Solving Resiliency and Supporting Staff during Shortages

To repair and rebuild the nation’s health system, health care leaders made it clear that supporting and reinforcing the workforce will be Priority 1. Executives shared strategies and best practices on how they kept teams together and resilient during peak pandemic surges, including:

Identifying Support Needs Early

New Jersey-based Atlantic Health leaders recognized early on the toll that COVID-19 patient surges were having on staff and acted accordingly. Traveling nurses and other support staff were retained even after peak surges to ensure that front-line caregivers could take needed time off, said Nikki Sumpter, chief administrative officer. A campaign encouraged the team to take allotted paid time off to recharge.

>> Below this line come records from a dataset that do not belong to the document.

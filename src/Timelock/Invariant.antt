-- ===== src/Timelock/Invariant.antt =====
-- The well-formedness of the storage of router-timelock, and the writes of its calls.
use stellar_router.Prelude.{
  ℕ, ◌≤◌, ◌<◌, Bool, true, false, ◌&&◌, ◌||◌, not, Option, none, some, List, [], ◌∷◌, ◌≡◌, refl,
  arith, contains, IsDistinct, length, unwrap_or, without, contains-without, contains-snoc,
  snoc-IsDistinct, without-IsDistinct, length-without-le, length-append,
}
use stellar_router.Prelude.Words.{u64_mod}
use stellar_router.Common.{Address}
use stellar_router.Timelock
use stellar_router.Timelock.{
  Op, OpId, Call, publish, max_grace_period_seconds, deployed, op_cancelled, op_executed,
}
use stellar_router.Timelock.Deps.{pending, finalized}
use stellar_router.Timelock.Calls.{enqueue, finalize}

abbrev State : Type 0
State = Timelock.Timelock

-- What the two indexes say of an identifier, by what is stored under it.
abbrev pub Indexed : Bool → Bool → Option Op → Type 0
Indexed p f none = (p ≡ false) × (f ≡ false)
Indexed p f (some op) =
    (p ≡ (not op.executed && not op.cancelled))
    × (f ≡ (op.executed || op.cancelled))
    × ((op.executed && op.cancelled) ≡ false)
    × (op.eta < u64_mod)
    × (op.grace_period_seconds ≤ max_grace_period_seconds)

-- The administrator and a positive minimum delay are stored together, before any operation.
abbrev pub Configured : Option Address → Option ℕ → List OpId → Type 0
Configured none none ids = ids ≡ []
Configured none (some d) ids = ⊥
Configured (some a) none ids = ⊥
Configured (some a) (some d) ids = 0 < d

pub record IsValid (s : State) : Type 0 where
  pub indexed :
      (id : OpId) → Indexed (contains (pending s) id) (contains (finalized s) id) (s.ops id)
  pub deps_stored : (id : OpId) → s.ops id ≡ none → s.deps id ≡ none
  pub pending_distinct : IsDistinct (pending s)
  pub finalized_distinct : IsDistinct (finalized s)
  pub configured : Configured s.admin s.min_delay (pending s)
  pub within_cap :
      0 < unwrap_or s.max_pending_ops 0 → length (pending s) ≤ unwrap_or s.max_pending_ops 0

pub deployed-IsValid : IsValid deployed
deployed-IsValid = record {
  indexed = λ id. (refl, refl);
  deps_stored = λ id h. refl;
  pending_distinct = tt;
  finalized_distinct = tt;
  configured = refl;
  within_cap = λ h. omega arith;
}

without-nil : (id : OpId) (ids : List OpId) → ids ≡ [] → without id ids ≡ []
without-nil id [] h = refl
without-nil id (x ∷ ids) h = cc

pub Configured-mono :
    (a : Option Address) (d : Option ℕ) {ids ids' : List OpId}
    → (ids ≡ [] → ids' ≡ [])
    → Configured a d ids
    → Configured a d ids'
Configured-mono none none f h = f h
Configured-mono none (some d) f h = h
Configured-mono (some a) none f h = h
Configured-mono (some a) (some d) f h = h

Configured_set :
    (a : Option Address) (d : Option ℕ) (caller : Address) (ids ids' : List OpId)
    → a ≡ some caller
    → Configured a d ids
    → Configured a d ids'
Configured_set none d caller ids ids' e h = cc
Configured_set (some a) none caller ids ids' e h = h
Configured_set (some a) (some d) caller ids ids' e h = h

-- An operation is replaced by a finalized version of itself, and changes its index.
pub finalize-IsValid :
    (s : State) (id : OpId) (op op' : Op)
    → IsValid s
    → s.ops id ≡ some op
    → op.executed ≡ false
    → op.cancelled ≡ false
    → (op'.executed || op'.cancelled) ≡ true
    → (op'.executed && op'.cancelled) ≡ false
    → op'.eta ≡ op.eta
    → op'.grace_period_seconds ≡ op.grace_period_seconds
    → IsValid (finalize s id op')
unfolding finalize
finalize-IsValid s id op op' v stored not_executed not_cancelled final once same_eta same_grace =
    record {
      indexed = λ j. ground (
        arith,
        v.indexed j,
        v.indexed id,
        contains-without id (pending s) j,
        contains-snoc (finalized s) id j,
      );
      deps_stored = λ j. ground (arith, v.deps_stored j);
      pending_distinct = without-IsDistinct id (pending s) v.pending_distinct;
      finalized_distinct =
          snoc-IsDistinct (finalized s) id v.finalized_distinct (ground (arith, v.indexed id));
      configured = Configured-mono s.admin s.min_delay (without-nil id (pending s)) v.configured;
      within_cap = λ h. omega (arith, v.within_cap h, length-without-le id (pending s));
    }

-- A new operation joins the pending index, with or without dependencies.
pub enqueue-IsValid :
    (s : State) (id : OpId) (deps : List OpId) (op : Op) (caller : Address)
    → IsValid s
    → s.admin ≡ some caller
    → s.ops id ≡ none
    → op.executed ≡ false
    → op.cancelled ≡ false
    → op.eta < u64_mod
    → op.grace_period_seconds ≤ max_grace_period_seconds
    → (0 < unwrap_or s.max_pending_ops 0 → length (pending s) < unwrap_or s.max_pending_ops 0)
    → IsValid (enqueue s id deps op)
unfolding enqueue
enqueue-IsValid s id [] op caller v set fresh e c small grace room = record {
  indexed = λ j. ground (arith, v.indexed j, v.indexed id, contains-snoc (pending s) id j);
  deps_stored = λ j. ground (arith, v.deps_stored j);
  pending_distinct =
      snoc-IsDistinct (pending s) id v.pending_distinct (ground (arith, v.indexed id));
  finalized_distinct = v.finalized_distinct;
  configured = Configured_set s.admin s.min_delay caller (pending s) _ set v.configured;
  within_cap = λ h. omega (arith, room h, length-append (pending s) (id ∷ []));
}
enqueue-IsValid s id (d ∷ ds) op caller v set fresh e c small grace room = record {
  indexed = λ j. ground (arith, v.indexed j, v.indexed id, contains-snoc (pending s) id j);
  deps_stored = λ j. ground (arith, v.deps_stored j);
  pending_distinct =
      snoc-IsDistinct (pending s) id v.pending_distinct (ground (arith, v.indexed id));
  finalized_distinct = v.finalized_distinct;
  configured = Configured_set s.admin s.min_delay caller (pending s) _ set v.configured;
  within_cap = λ h. omega (arith, room h, length-append (pending s) (id ∷ []));
}

-- Storage that differs only in the events is as valid.
pub publish-IsValid : (s : State) (e : Timelock.Event) → IsValid s → IsValid (publish s e)
publish-IsValid s e v = record {
  indexed = v.indexed;
  deps_stored = v.deps_stored;
  pending_distinct = v.pending_distinct;
  finalized_distinct = v.finalized_distinct;
  configured = v.configured;
  within_cap = v.within_cap;
}
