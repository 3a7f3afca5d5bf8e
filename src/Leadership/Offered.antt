-- ===== src/Leadership/Offered.antt =====
-- When the actions of packages/consensus-model/src/leadership.rs are offered.
use hyperiondb.Prelude.{
  ℕ, ◌-◌, ◌<◌, ◌≡◌, inl, inr, true, false, not, ◌||◌, List, [], ◌∷◌, ltb, ltb→lt, ◌==◌, &&-split,
  Bool-cases, if◌then◌else◌, length, any, max_of, range_from, indices, In, All, All-append, All-map,
  All-of-In, All-indices,
}
use hyperiondb.Prelude.Words.{one_shl}
use hyperiondb.Leadership.{
  Leadership, LState, LAction, elect, commit, crash, recover, writable_at, alive_at, majority,
  members_of, mask_elections, elections, crash_or_recover, actions,
}

abbrev pub Offered : Leadership → LState → LAction → Type 0
Offered c s (elect winner voters) =
    (max_of s.cur_term < c.max_term) × In winner (members_of c voters)
Offered c s (commit w) = (alive_at s w ≡ true) × (writable_at s w ≡ true)
Offered c s (crash i) = alive_at s i ≡ true
Offered c s (recover i) = alive_at s i ≡ false

module _ (c : Leadership) (s : LState) where
  mask_elections-Offered :
      max_of s.cur_term < c.max_term → (mask : ℕ) → All (Offered c s) (mask_elections c s mask)
  unfolding mask_elections
  mask_elections-Offered h mask =
      elim (Bool-cases (
        not (length (members_of c mask) == majority c)
        || any (λ i. not (alive_at s i)) (members_of c mask))) [
          | inl skip ↦ rw skip tt
          | inr go ↦ rw go (
              All-map (Offered c s) (λ winner. elect winner mask) (members_of c mask)
                (All-of-In (λ w. Offered c s (elect w mask)) (members_of c mask) (λ w m. (h, m))))
        ]

  elections-Offered :
      max_of s.cur_term < c.max_term → (masks : List ℕ) → All (Offered c s) (elections c s masks)
  unfolding elections
  elections-Offered h [] = tt
  elections-Offered h (mask ∷ masks) =
      All-append (Offered c s) _ _ (mask_elections-Offered h mask) (elections-Offered h masks)

  every_election-Offered : All (Offered c s) (
      if ltb (max_of s.cur_term) c.max_term
      then elections c s (range_from 1 (one_shl c.n - 1))
      else [])
  every_election-Offered = elim (Bool-cases (ltb (max_of s.cur_term) c.max_term)) [
    | inl h ↦ rw h (elections-Offered (ltb→lt _ _ h) (range_from 1 (one_shl c.n - 1)))
    | inr h ↦ rw h tt
  ]

  crash_or_recover-Offered : (i : ℕ) → Offered c s (crash_or_recover s i)
  unfolding crash_or_recover
  crash_or_recover-Offered i = elim (Bool-cases (alive_at s i)) [ inl h ↦ rw h h | inr h ↦ rw h h ]

  -- Every action in the list meets its guard.
  pub actions-Offered : All (Offered c s) (actions c s)
  unfolding actions
  actions-Offered = All-append (Offered c s) _ _ every_election-Offered (
      All-append (Offered c s) _ _
        (All-map (Offered c s) commit _
          (All-indices (λ w. Offered c s (commit w)) _ c.n (λ w lt h. &&-split _ _ h)))
        (All-map (Offered c s) (crash_or_recover s) _ (
          All-of-In (λ i. Offered c s (crash_or_recover s i)) (indices c.n)
            (λ i m. crash_or_recover-Offered i))))
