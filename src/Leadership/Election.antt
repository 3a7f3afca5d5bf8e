-- ===== src/Leadership/Election.antt =====
-- The effect of an election in packages/consensus-model/src/leadership.rs on each node.
use hyperiondb.Prelude.{
  ℕ, zero, suc, ◌+◌, ◌≤◌, ◌<◌, ◌≡◌, refl, ◌∙◌, false, ◌&&◌, arith, ltb, leb, ◌==◌, if◌then◌else◌,
  length, range_from, length-set, get_or-set, inl, inr, Bool-cases,
}
use hyperiondb.Prelude.Words.{has_bit}
use hyperiondb.Leadership.{LState, term_at, writable_at, elect_node, elect_nodes}

-- The voters among `k .. k + m` are at the new term, where only the winner may write.
pub record IsElected (winner voters new_term k m : ℕ) (s t : LState) : Type 0 where
  pub terms :
      (j : ℕ)
      → term_at t j
        ≡ (if (leb k j && ltb j (k + m)) && has_bit voters j then new_term else term_at s j)
  pub writables :
      (j : ℕ)
      → writable_at t j
        ≡ (if (leb k j && ltb j (k + m)) && has_bit voters j then j == winner else writable_at s j)
  pub term_len : length t.cur_term ≡ length s.cur_term
  pub writable_len : length t.writable ≡ length s.writable
  pub same_alive : t.alive ≡ s.alive
  pub same_committed : t.max_committed_term ≡ s.max_committed_term
  pub same_leader : t.committed_leader ≡ s.committed_leader
  pub same_split : t.split_brain ≡ s.split_brain

module _ (winner voters new_term : ℕ) where
  elect_node-IsElected :
      (s : LState) (i : ℕ)
      → i < length s.cur_term
      → i < length s.writable
      → IsElected winner voters new_term i 1 s (elect_node winner voters new_term i s)
  unfolding elect_node
  elect_node-IsElected s i lt lw = elim (Bool-cases (has_bit voters i)) [
    | inl b ↦ rw b (record {
      terms = λ j. ground (arith, get_or-set s.cur_term i j new_term 0);
      writables = λ j. ground (arith, get_or-set s.writable i j (i == winner) false);
      term_len = length-set s.cur_term i new_term;
      writable_len = length-set s.writable i (i == winner);
      same_alive = refl;
      same_committed = refl;
      same_leader = refl;
      same_split = refl;
    })
    | inr b ↦ rw b (record {
      terms = λ j. ground arith;
      writables = λ j. ground arith;
      term_len = refl;
      writable_len = refl;
      same_alive = refl;
      same_committed = refl;
      same_leader = refl;
      same_split = refl;
    })
  ]

  IsElected-refl : (s : LState) (k : ℕ) → IsElected winner voters new_term k 0 s s
  IsElected-refl s k = record {
    terms = λ j. ground arith;
    writables = λ j. ground arith;
    term_len = refl;
    writable_len = refl;
    same_alive = refl;
    same_committed = refl;
    same_leader = refl;
    same_split = refl;
  }

  IsElected-trans :
      (s t u : LState) (k m : ℕ)
      → IsElected winner voters new_term k 1 s t
      → IsElected winner voters new_term (k + 1) m t u
      → IsElected winner voters new_term k (suc m) s u
  IsElected-trans s t u k m a b = record {
    terms = λ j. ground (arith, a.terms j, b.terms j);
    writables = λ j. ground (arith, a.writables j, b.writables j);
    term_len = omega (arith, a.term_len, b.term_len);
    writable_len = omega (arith, a.writable_len, b.writable_len);
    same_alive = b.same_alive ∙ a.same_alive;
    same_committed = b.same_committed ∙ a.same_committed;
    same_leader = b.same_leader ∙ a.same_leader;
    same_split = b.same_split ∙ a.same_split;
  }

  pub elect_nodes-IsElected :
      (s : LState) (k m : ℕ)
      → k + m ≤ length s.cur_term
      → k + m ≤ length s.writable
      → IsElected winner voters new_term k m s
          (elect_nodes winner voters new_term (range_from k m) s)
  unfolding elect_nodes
  elect_nodes-IsElected s k zero h g = IsElected-refl s k
  elect_nodes-IsElected s k (suc m) h g =
      let first = elect_node-IsElected s k (omega arith) (omega arith) in
      IsElected-trans s (elect_node winner voters new_term k s) _ k m first (
        elect_nodes-IsElected (elect_node winner voters new_term k s) (k + 1) m
          (omega (arith, first.term_len)) (omega (arith, first.writable_len)))
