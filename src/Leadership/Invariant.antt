-- ===== src/Leadership/Invariant.antt =====
-- The invariant of packages/consensus-model/src/leadership.rs with fencing, for every size of the
-- cluster: one writable node at each term, and a majority at or past the newest committed term.
use mathlib.Core.Path.{subst}
use mathlib.Core.Option.{some-injective}
use hyperiondb.Explore.{Run, Run-induction}
use hyperiondb.Prelude.{
  ℕ, zero, suc, ◌≤◌, ◌<◌, ◌≡◌, refl, sym, ◌∙◌, inl, inr, Bool, true, false, not, ◌&&◌, ◌||◌, Option,
  none, some, arith, ltb, leb, leb→le, le→leb, ◌==◌, ==_iff, Bool-cases, if-eq-some, length, get_or,
  set, replicate, max_of, get_or-le-max_of, indices, length-set, length-replicate,
  length-range_from,
}
use hyperiondb.Prelude.Quorum.{quorums_meet, count_mono, count_all, member_of_count}
use hyperiondb.Prelude.Words.{u64_mod, add64}
use hyperiondb.Leadership.{
  Leadership, LState, LAction, elect, commit, crash, recover, term_at, writable_at, alive_at, count,
  majority, init_state, conflict, record_commit, quorum_at_term, next_state, model, Reach,
}
use hyperiondb.Leadership.Election.{IsElected, elect_nodes-IsElected}
use hyperiondb.Leadership.Offered.{Offered, actions-Offered}

-- A cluster with a node and with fencing, whose bound on terms is a `u64`.
pub record IsFenced (c : Leadership) : Type 0 where
  pub nonempty : 0 < c.n
  pub term_fits : c.max_term < u64_mod
  pub fenced : c.fencing ≡ true

pub record IsSafe (c : Leadership) (s : LState) : Type 0 where
  pub terms : length s.cur_term ≡ c.n
  pub writables : length s.writable ≡ c.n
  pub alives : length s.alive ≡ c.n
  pub quiet : s.split_brain ≡ false
  pub unique :
      (i j : ℕ)
      → writable_at s i ≡ true
      → writable_at s j ≡ true
      → term_at s i ≡ term_at s j
      → i ≡ j
  pub reached : majority c ≤ count c (λ i. leb s.max_committed_term (term_at s i))
  pub leader :
      (p i : ℕ)
      → s.committed_leader ≡ some p
      → writable_at s i ≡ true
      → term_at s i ≡ s.max_committed_term
      → i ≡ p

replicate-false : (n i : ℕ) → get_or (replicate n false) i false ≡ false
replicate-false zero i = refl
replicate-false (suc n) zero = refl
replicate-false (suc n) (suc i) = replicate-false n i

writable_at_start : (n i : ℕ) → get_or (set (replicate n false) 0 true) i false ≡ true → i ≡ 0
writable_at_start zero i h = cc
writable_at_start (suc n) zero h = refl
writable_at_start (suc n) (suc i) h = cc (replicate-false n i)

-- What a fenced commit may have done.
pub record IsLeaseCommit (s : LState) (w : ℕ) (t : LState) : Type 0 where
  pub same_terms : t.cur_term ≡ s.cur_term
  pub same_writables : t.writable ≡ s.writable
  pub same_alive : t.alive ≡ s.alive
  pub split : t.split_brain ≡ s.split_brain
  pub committed : t.max_committed_term ≡ term_at s w
  pub maker : t.committed_leader ≡ some w

module _ (c : Leadership) (safe : IsFenced c) where
  open safe use {nonempty, term_fits, fenced}

  init_state-IsSafe : IsSafe c (init_state c)
  unfolding init_state majority
  init_state-IsSafe = record {
    terms = length-replicate c.n 1;
    writables = omega (arith, length-set (replicate c.n false) 0 true, length-replicate c.n false);
    alives = length-replicate c.n true;
    quiet = refl;
    unique = λ i j hi hj e. omega (arith, writable_at_start c.n i hi, writable_at_start c.n j hj);
    reached = omega (
      arith,
      length-range_from 0 c.n,
      count_all (λ i. leb 0 (get_or (replicate c.n 1) i 0)) (indices c.n)
          (λ i m. le→leb _ _ (omega arith)),
    );
    leader = λ p i e h t. cc;
  }

  module _ (s : LState) (inv : IsSafe c s) where
    open inv use {terms, writables, alives, quiet, unique, reached, leader}

    -- Some node is at or past the newest committed term.
    committed-le-max_of : s.max_committed_term ≤ max_of s.cur_term
    unfolding majority
    committed-le-max_of =
        let (i, here, h) =
          member_of_count (λ i. leb s.max_committed_term (term_at s i)) (indices c.n)
            (omega (arith, reached)) in
        omega (arith, leb→le _ _ h, get_or-le-max_of s.cur_term i)

    elected-IsSafe :
        (winner voters nt : ℕ) (t : LState)
        → max_of s.cur_term < nt
        → IsElected winner voters nt 0 c.n s t
        → IsSafe c t
    elected-IsSafe winner voters nt t h el = record {
      terms = omega (arith, el.term_len);
      writables = omega (arith, el.writable_len);
      alives = rw el.same_alive alives;
      quiet = el.same_split ∙ quiet;
      unique = λ i j hi hj e. ground (
        arith,
        el.writables i,
        el.writables j,
        el.terms i,
        el.terms j,
        unique i j,
        get_or-le-max_of s.cur_term i,
        get_or-le-max_of s.cur_term j,
      );
      reached = omega (
        arith,
        reached,
        count_mono (λ i. leb s.max_committed_term (term_at s i))
            (λ i. leb t.max_committed_term (term_at t i)) (indices c.n) (λ i k. raised i k),
      );
      leader = λ p i e hi ht. ground (
        arith,
        el.writables i,
        el.terms i,
        leader p i,
        committed-le-max_of,
        el.same_leader,
        el.same_committed,
      );
    }
      where
        raised :
            (i : ℕ)
            → leb s.max_committed_term (term_at s i) ≡ true
            → leb t.max_committed_term (term_at t i) ≡ true
        raised i k = ground (arith, el.terms i, el.same_committed, get_or-le-max_of s.cur_term i)

    -- A majority at the term of `w` is not behind the newest committed term.
    pub fenced_term :
        (w : ℕ)
        → leb (majority c) (quorum_at_term c s (term_at s w)) ≡ true
        → s.max_committed_term ≤ term_at s w
    unfolding majority quorum_at_term
    fenced_term w h =
        let (i, here, at_term, past) =
          quorums_meet (λ i. alive_at s i && term_at s i == term_at s w)
            (λ i. leb s.max_committed_term (term_at s i)) (indices c.n)
            (omega (arith, length-range_from 0 c.n, leb→le _ _ h, reached)) in
        ground arith

    no_conflict :
        (w : ℕ)
        → writable_at s w ≡ true
        → term_at s w ≡ s.max_committed_term
        → conflict s w ≡ s.split_brain
    unfolding conflict
    no_conflict w hw e = by_leader s.committed_leader refl
      where
        by_leader :
            (o : Option ℕ)
            → s.committed_leader ≡ o
            → ◌≡◌ {A = Bool}
                (elim o [ none ↦ s.split_brain | some prev ↦ not (prev == w) || s.split_brain ])
                s.split_brain
        by_leader none f = refl
        by_leader (some prev) f = ground (arith, leader prev w)

    pub record_commit-IsLeaseCommit :
        (w : ℕ)
        → writable_at s w ≡ true
        → leb (majority c) (quorum_at_term c s (term_at s w)) ≡ true
        → IsLeaseCommit s w (record_commit s w)
    unfolding record_commit
    record_commit-IsLeaseCommit w hw h =
        let late = fenced_term w h in
        elim (Bool-cases (term_at s w == s.max_committed_term)) [
          | inl e ↦
              rw (not_before late, e)
                (record {
                  same_terms = refl;
                  same_writables = refl;
                  same_alive = refl;
                  split = no_conflict w hw ((==_iff _ _).0 e);
                  committed = sym ((==_iff _ _).0 e);
                  maker = refl;
                })
          | inr e ↦
              rw (not_before late, e)
                (record {
                  same_terms = refl;
                  same_writables = refl;
                  same_alive = refl;
                  split = refl;
                  committed = refl;
                  maker = refl;
                })
        ]
      where
        not_before :
            s.max_committed_term ≤ term_at s w → ltb (term_at s w) s.max_committed_term ≡ false
        not_before h = ground arith

    committed-IsSafe :
        (w : ℕ) (t : LState)
        → writable_at s w ≡ true
        → leb (majority c) (quorum_at_term c s (term_at s w)) ≡ true
        → IsLeaseCommit s w t
        → IsSafe c t
    unfolding quorum_at_term
    committed-IsSafe w t hw h k = record {
      terms = rw k.same_terms terms;
      writables = rw k.same_writables writables;
      alives = rw k.same_alive alives;
      quiet = k.split ∙ quiet;
      unique = rw (k.same_terms, k.same_writables) unique;
      reached =
          rw (k.committed, k.same_terms)
            (omega (
              arith,
              leb→le _ _ h,
              count_mono (λ i. alive_at s i && term_at s i == term_at s w)
                  (λ i. leb (term_at s w) (term_at s i)) (indices c.n) (λ i g. ground arith),
            ));
      leader =
          rw (k.committed, k.same_terms, k.same_writables, k.maker)
            (λ p i e hi ht. unique i w hi hw ht ∙ some-injective _ _ e);
    }

    -- A commit that the fence lets through.
    pub let_through :
        (w : ℕ) {t : LState}
        → next_state c s (commit w) ≡ some t
        → (leb (majority c) (quorum_at_term c s (term_at s w)) ≡ true)
          × (some (record_commit s w) ≡ some t)
    unfolding next_state
    let_through w e =
        if-eq-some (leb (majority c) (quorum_at_term c s (term_at s w))) (some (record_commit s w))
          (simp fenced at e)

    next_state-IsSafe :
        (a : LAction) {t : LState} → Offered c s a → next_state c s a ≡ some t → IsSafe c t
    unfolding next_state
    next_state-IsSafe (elect winner voters) (room, m) e = subst (IsSafe c) (some-injective _ _ e) (
        elected-IsSafe winner voters (add64 (max_of s.cur_term) 1) _ (omega arith) (
          elect_nodes-IsElected winner voters (add64 (max_of s.cur_term) 1) s 0 c.n (omega arith)
            (omega arith)))
    next_state-IsSafe (commit w) (up, hw) e =
        let (h, f) = let_through w e in
        subst (IsSafe c) (some-injective _ _ f)
          (committed-IsSafe w (record_commit s w) hw h (record_commit-IsLeaseCommit w hw h))
    next_state-IsSafe (crash i) h e = subst (IsSafe c) (some-injective _ _ e) (record {
      terms = terms;
      writables = writables;
      alives = omega (arith, length-set s.alive i false);
      quiet = quiet;
      unique = unique;
      reached = reached;
      leader = leader;
    })
    next_state-IsSafe (recover i) h e = subst (IsSafe c) (some-injective _ _ e) (record {
      terms = terms;
      writables = writables;
      alives = omega (arith, length-set s.alive i true);
      quiet = quiet;
      unique = unique;
      reached = reached;
      leader = leader;
    })

  pub Run-IsSafe : {s t : LState} → IsSafe c s → Run (model c) s t → IsSafe c t
  Run-IsSafe =
      Run-induction (model c) (Offered c) (actions-Offered c) (IsSafe c)
        (λ s t h a o e. next_state-IsSafe s h a o e)

  pub Reach-IsSafe : {s : LState} → Reach c s → IsSafe c s
  Reach-IsSafe r = Run-IsSafe init_state-IsSafe r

Finding Flexible Staffing Solutions

Norton Children’s Hospital, Louisville, Kentucky, used student nurses to cover more than 2,000 shifts, and the organization provided greater flexibility to accommodate individual employee needs during the pandemic, said Erik Martin, R.N., vice president of patient care services and chief nursing officer. In addition to meeting the hospital’s needs, the move provided enhanced training for the student nurses. Elsewhere, Ochsner Health in New Orleans is launching a pilot program to bring Ukrainian nurses to America, said Warner Thomas, president and CEO. The move will complement the health system’s RN recruitment strategy and provide a place for displaced Ukrainian nurses to continue their work. The first eight Ukrainian nurses are expected to arrive in the fall.

Monitoring Well-being

Knowing that they needed to watch for signs of stress, depression and post-traumatic stress disorder among staff, Connecticut’s Yale New Haven Health System leaders began performing well-being checks with caregivers, explained Michael Ivy, M.D., deputy chief medical officer. Leaders also engaged with the psychiatric department, and Ivy and other executives shared their life experiences with mental wellness to normalize that it’s OK to seek help. Staff expressed their appreciation to Ivy for sharing, he said.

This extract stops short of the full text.